Половодье - страница 15
— Я теперь и берега боюсь, — сказала она. — Ты, видно, сильно парней растравил…
— Не бойся, Зин, — ответил Антон.
— Гошка мстительный!
— Ну, что ты выдумала? Мы ведь не бревна его продаем, мы людей вывозим. А там — пусть забирает бону. Не нужно.
Зинка улыбнулась и пошла вниз, поглаживая уркающего Барина. Антон подхватил Зинку на руки, как Гоха вчера секретаршу, и понес ее через двор к боне. Глаза всех соседей уставились на них. Даже в такой час это привлекло всеобщее внимание. «Хлюп-хлюп-хлюп» — выдавала предательская вода — это взгляды соседей заставляли спотыкаться.
Но самый горячий взгляд Антон ощутил со спины. Когда он поставил Зинку на бону и обернулся, мать в упор смотрела на него.
— Лучше бы что из вещей вынес, — сухо заметила мать.
Антон забежал в коридор и почувствовал себя на тонущем корабле. Половина дверей была распахнута. В коридор вылетели разные тряпки. Вчера еще все это кому-то принадлежало. Теперь все смешалось, стало хламом и достоянием наводнения. Что-то похожее происходило и с самими соседями. «Как будто другими людьми становимся, — подумал Антон. — Смелеем, понимаем друг друга, сговариваемся!»
Антон бегал из кухни в комнату. Книги слетали со стеллажа и падали на хозяина. Перехватило горло — книг было жалко. Каждая книжка казалась единственной и неповторимой, как листик на дереве, как сам человек. И сейчас он принялся собирать свои книги в охапку. Но тут над головой затрещало, как в грозу. Барак закачало.
«Хр-р-р»! — Крыша барака осела, придавив под собою все, подняв облако пыли. Но Антон успел выскользнуть и бежал теперь по затопленному двору. Столкнулся с матерью в облаке пыли. Мать кинулась к нему на грудь. Это было в первый раз так. До сих пор она сама норовила прижать сына к себе, словно маленького. А тут впервые мать заплакала на его груди.
И донесся голос Степанцова:
— Что с Лаской делать будем, Антон?
Парень огляделся. Ласка стояла в воде у боны, и в глазах у нее отражался весь табор. «А меня бросаете?» — как будто хотела спросить она. Антон подошел к лошади и попробовал брюхо. Оно было тугое и горячее.
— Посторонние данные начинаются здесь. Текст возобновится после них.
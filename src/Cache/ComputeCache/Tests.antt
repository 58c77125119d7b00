-- ===== src/Cache/ComputeCache/Tests.antt =====
-- The cache of two sessions.
use quantstack_terminal.Common.{
  ◌≡◌, refl, [], ◌∷◌, Text, codes, upper, join, Without, all, not, ◌==◌, true, arith,
}
use quantstack_terminal.Cache.ComputeCache.{cache_key}

abbrev day : Text
day = codes "2026-08-07"

nifty_key :
    cache_key (codes "nifty") (codes "nse") (codes "20260811") day
    ≡ codes "NIFTY|NSE|20260811|2026-08-07"
unfolding cache_key upper join
nifty_key = refl

bar_free : (s : Text) → all (λ c. not (c == b'|')) s ≡ true → Without b'|' s
bar_free [] h = tt
bar_free (c ∷ s) h = (ground arith, bar_free s (ground arith))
— Что же делать? — громко спросил Антон у соседей. — Весу в ней!.. И оставить я не могу!
— Не потопит, — заметил Степанцов. — А жеребенка могем потерять, если оставим…
— Давайте тогда заводить как-то, — согласился Антон, отдавая книги матери.
Степанцов спрыгнул в воду, за ним Савка. Они окружили Ласку и начали подталкивать ее к боне.
— Теперь поработай сама! — приказал Антон лошади, когда до кормы осталось полметра. — А ну, взяли!
Кто спереди, кто сзади, начали понукать Ласку, тянуть ее за гриву. И лошадь поняла, что от нее требуется. Она мягко заржала и впрыгнула на корму боны. Корма осела под ней, но ненамного. Там, где разместились люди, бревна высовывались из воды на треть.
Антон подал знак Заусенцу, чтобы отвязывался.
— А как отец?
— К нему не подобраться, и он не перейдет протоку!
— Пошлем помощь с берега. Отчаливай!
— Есть! — Заусенец стукнул кувалдой снизу по серьге, и штырь выскочил из гнезда.
Канат опал, и бона двинулась в туман. Она изгибалась в стремнине, как змея, ее заносило то вправо, то влево, но все-таки она следовала по старому руслу вместе с мусором свалки и бревнами.
В клочьях тумана остался скособочившийся конный двор, повалившийся барак, замерший бульдозер, залитые наполовину стайки, полностью утопленные огороды, мечущийся возле своего дома Иван.
Степанчиха громко всхлипнула, Мотя запричитала, Свальщик перекрестился, Зав пытался закрыть плешину смокшими волосками, дед пробовал голосовые связки, Степанцов поправлял свою наглазную кожанку, ребятишки сбились в кучу.
Антон пробежал весь ковчег взглядом, и ему стало страшно от мысли, что их пронесет мимо берега, никто не заметит боны, и будут они плыть бесконечно в этом липком тумане, а потом наткнутся на скалу и полетят в ледяную воду… Нет, это трудно было отцу одному на плоту, здесь же их много, и все могут сложиться в одном усилии… Хотя бы в крике!..
— Э-э-эй! — закричал Антон. — На берегу-у-у-у!
Соседи присоединились к нему, и протока огласилась единым воплем. Но звуки тонули в вязком тумане. Этот белесый пласт над рекой не пропускал ни звуков, ни солнечных лучей.